___ SOURCE MATERIAL ___

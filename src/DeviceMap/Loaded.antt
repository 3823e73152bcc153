-- ===== src/DeviceMap/Loaded.antt =====
-- What each device of a synchronisation is found as (device_map.py).
use staykey_ha_plugin.Prelude.{
  String, ◌≡◌, ◌≢◌, refl, sym, ap, ◌∙◌, subst, none, some, List, [], ◌∷◌, eq_iff, arith,
  Option-cases, All, inl, inr, ◌⊎◌,
}
use staykey_ha_plugin.Python.Dict.{lookup, lookup-insert}
use staykey_ha_plugin.Python.Exec.{key_error, ok, err}
use staykey_ha_plugin.DeviceMap.{
  text, Device, DeviceMap, new, add_known, id_of, add_device, add_devices, load_sync, get_entity_id,
  get_device_id,
}
use staykey_ha_plugin.DeviceMap.Reverse.{entity_of, named, non_empty}
use staykey_ha_plugin.DeviceMap.Sync.{Apart, AreApart, load_sync-IsExact}

-- A device of a list.
abbrev pub IsAmong : Device → List Device → Type 0
IsAmong d [] = ⊥
IsAmong d (a ∷ ds) = (a ≡ d) ⊎ IsAmong d ds

add_devices-keeps :
    (d : Device) (i : String) (ds : List Device) (m : DeviceMap)
    → d.device_id ≡ some i
    → All (Apart d) ds
    → lookup i m.forward ≡ some d
    → lookup i (add_devices ds m).1.forward ≡ some d
unfolding add_devices add_device
add_devices-keeps d i [] m is apart found = found
add_devices-keeps d i (a ∷ ds) m is (first, apart) found = elim (Option-cases a.device_id) [
  | inl missing ↦ simp (missing, id_of) found
  | inr (j, given) ↦
      let kept : lookup i (add_known j a m).forward ≡ some d =
        unfold add_known in
        ground (arith, lookup-insert j i a m.forward, found, first.0, is, given, eq_iff j i) in
      simp (given, id_of) (add_devices-keeps d i ds (add_known j a m) is apart kept)
]

add_devices-missing :
    (a : Device) (ds : List Device) (m : DeviceMap)
    → a.device_id ≡ none
    → (add_devices (a ∷ ds) m).0 ≡ err (key_error "device_id")
unfolding add_devices add_device
add_devices-missing a ds m missing = simp (missing, id_of) refl

add_devices-given :
    (a : Device) (j : String) (ds : List Device) (m : DeviceMap)
    → a.device_id ≡ some j
    → add_devices (a ∷ ds) m ≡ add_devices ds (add_known j a m)
unfolding add_devices add_device
add_devices-given a j ds m given = simp (given, id_of) refl

add_devices-first :
    (d : Device) (i : String) (a : Device) (ds : List Device) (j : String) (m : DeviceMap)
    → d.device_id ≡ some i
    → a ≡ d
    → a.device_id ≡ some j
    → All (Apart a) ds
    → lookup i (add_devices ds (add_known j a m)).1.forward ≡ some d
add_devices-first d i a ds j m is here given first =
    let at_i : j ≡ i = ground (arith, sym given ∙ ap (λ (x : Device). x.device_id) here ∙ is) in
    let found : lookup i (add_known j a m).forward ≡ some d =
      unfold add_known in
      ground (arith, lookup-insert j i a m.forward, eq_iff j i, at_i, ap some here) in
    add_devices-keeps d i ds (add_known j a m) is (subst (λ x. All (Apart x) ds) here first) found

add_devices-finds :
    (d : Device) (i : String) (ds : List Device) (m : DeviceMap)
    → d.device_id ≡ some i
    → AreApart ds
    → IsAmong d ds
    → (add_devices ds m).0 ≡ ok tt
    → lookup i (add_devices ds m).1.forward ≡ some d
add_devices-finds d i [] m is apart among done = absurd among
add_devices-finds d i (a ∷ ds) m is (first, apart) among done = elim (Option-cases a.device_id) [
  | inl missing ↦ absurd (cc (add_devices-missing a ds m missing, done))
  | inr (j, given) ↦
      let same = add_devices-given a j ds m given in
      let done' = rw same at done in
      rw same (elim among [
        | inl here ↦ add_devices-first d i a ds j m is here given first
        | inr later ↦ add_devices-finds d i ds (add_known j a m) is apart later done'
      ])
]

-- After a synchronisation with devices of different IDs and different entities that raises nothing: a
-- command for any of them goes to the entity that it names, and the entity is listed for it. It makes
-- no difference what the map held before.
pub load_sync-finds :
    (ds : List Device) (m : DeviceMap) (d : Device) (i e : String)
    → AreApart ds
    → (load_sync ds m).0 ≡ ok tt
    → IsAmong d ds
    → d.device_id ≡ some i
    → d.external_id ≡ text e
    → e ≢ ""
    → (get_entity_id i (load_sync ds m).1 ≡ ok (some e))
      × (get_device_id e (load_sync ds m).1 ≡ some i)
unfolding load_sync get_device_id get_entity_id
load_sync-finds ds m d i e apart done among is names filled =
    let found : lookup i (load_sync ds m).1.forward ≡ some d =
      add_devices-finds d i ds new is apart among done in
    let named_so : entity_of (load_sync ds m).1 i ≡ some e =
      rw (found, entity_of, names, named, non_empty) (ground (arith, eq_iff e "", filled)) in
    let goes : get_entity_id i (load_sync ds m).1 ≡ ok (some e) =
      rw (found, get_entity_id) (rw names refl) in
    (goes, (load_sync-IsExact ds m apart).complete e i named_so)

___

## WORK REQUIRED
Reproduce every entry exactly, with nothing added or dropped.

## RESPONSE BELOW
filename src/DeviceMap/Loaded.antt
repository 3823e73152bcc153
-- ===== src/DeviceMap/Loaded.antt =====
-- What each device of a synchronisation is found as (device_map.py).
use staykey_ha_plugin.Prelude.{
  String, ◌≡◌, ◌≢◌, refl, sym, ap, ◌∙◌, subst, none, some, List, [], ◌∷◌, eq_iff, arith,
  Option-cases, All, inl, inr, ◌⊎◌,
}
use staykey_ha_plugin.Python.Dict.{lookup, lookup-insert}
use staykey_ha_plugin.Python.Exec.{key_error, ok, err}
use staykey_ha_plugin.DeviceMap.{
  text, Device, DeviceMap, new, add_known, id_of, add_device, add_devices, load_sync, get_entity_id,
  get_device_id,
}
use staykey_ha_plugin.DeviceMap.Reverse.{entity_of, named, non_empty}
use staykey_ha_plugin.DeviceMap.Sync.{Apart, AreApart, load_sync-IsExact}

-- A device of a list.
abbrev pub IsAmong : Device → List Device → Type 0
IsAmong d [] = ⊥
IsAmong d (a ∷ ds) = (a ≡ d) ⊎ IsAmong d ds

add_devices-keeps :
    (d : Device) (i : String) (ds : List Device) (m : DeviceMap)
    → d.device_id ≡ some i
    → All (Apart d) ds
    → lookup i m.forward ≡ some d
    → lookup i (add_devices ds m).1.forward ≡ some d
unfolding add_devices add_device
add_devices-keeps d i [] m is apart found = found
add_devices-keeps d i (a ∷ ds) m is (first, apart) found = elim (Option-cases a.device_id) [
  | inl missing ↦ simp (missing, id_of) found
  | inr (j, given) ↦
      let kept : lookup i (add_known j a m).forward ≡ some d =
        unfold add_known in
        ground (arith, lookup-insert j i a m.forward, found, first.0, is, given, eq_iff j i) in
      simp (given, id_of) (add_devices-keeps d i ds (add_known j a m) is apart kept)
]

add_devices-missing :
    (a : Device) (ds : List Device) (m : DeviceMap)
    → a.device_id ≡ none
    → (add_devices (a ∷ ds) m).0 ≡ err (key_error "device_id")
unfolding add_devices add_device
add_devices-missing a ds m missing = simp (missing, id_of) refl

add_devices-given :
    (a : Device) (j : String) (ds : List Device) (m : DeviceMap)
    → a.device_id ≡ some j
    → add_devices (a ∷ ds) m ≡ add_devices ds (add_known j a m)
unfolding add_devices add_device
add_devices-given a j ds m given = simp (given, id_of) refl

add_devices-first :
    (d : Device) (i : String) (a : Device) (ds : List Device) (j : String) (m : DeviceMap)
    → d.device_id ≡ some i
    → a ≡ d
    → a.device_id ≡ some j
    → All (Apart a) ds
    → lookup i (add_devices ds (add_known j a m)).1.forward ≡ some d
add_devices-first d i a ds j m is here given first =
    let at_i : j ≡ i = ground (arith, sym given ∙ ap (λ (x : Device). x.device_id) here ∙ is) in
    let found : lookup i (add_known j a m).forward ≡ some d =
      unfold add_known in
      ground (arith, lookup-insert j i a m.forward, eq_iff j i, at_i, ap some here) in
    add_devices-keeps d i ds (add_known j a m) is (subst (λ x. All (Apart x) ds) here first) found

add_devices-finds :
    (d : Device) (i : String) (ds : List Device) (m : DeviceMap)
    → d.device_id ≡ some i
    → AreApart ds
    → IsAmong d ds
    → (add_devices ds m).0 ≡ ok tt
    → lookup i (add_devices ds m).1.forward ≡ some d
add_devices-finds d i [] m is apart among done = absurd among
add_devices-finds d i (a ∷ ds) m is (first, apart) among done = elim (Option-cases a.device_id) [
  | inl missing ↦ absurd (cc (add_devices-missing a ds m missing, done))
  | inr (j, given) ↦
      let same = add_devices-given a j ds m given in
      let done' = rw same at done in
      rw same (elim among [
        | inl here ↦ add_devices-first d i a ds j m is here given first
        | inr later ↦ add_devices-finds d i ds (add_known j a m) is apart later done'
      ])
]

-- After a synchronisation with devices of different IDs and different entities that raises nothing: a
-- command for any of them goes to the entity that it names, and the entity is listed for it. It makes
-- no difference what the map held before.
pub load_sync-finds :
    (ds : List Device) (m : DeviceMap) (d : Device) (i e : String)
    → AreApart ds
    → (load_sync ds m).0 ≡ ok tt
    → IsAmong d ds
    → d.device_id ≡ some i
    → d.external_id ≡ text e
    → e ≢ ""
    → (get_entity_id i (load_sync ds m).1 ≡ ok (some e))
      × (get_device_id e (load_sync ds m).1 ≡ some i)
unfolding load_sync get_device_id get_entity_id
load_sync-finds ds m d i e apart done among is names filled =
    let found : lookup i (load_sync ds m).1.forward ≡ some d =
      add_devices-finds d i ds new is apart among done in
    let named_so : entity_of (load_sync ds m).1 i ≡ some e =
      rw (found, entity_of, names, named, non_empty) (ground (arith, eq_iff e "", filled)) in
    let goes : get_entity_id i (load_sync ds m).1 ≡ ok (some e) =
      rw (found, get_entity_id) (rw names refl) in
    (goes, (load_sync-IsExact ds m apart).complete e i named_so)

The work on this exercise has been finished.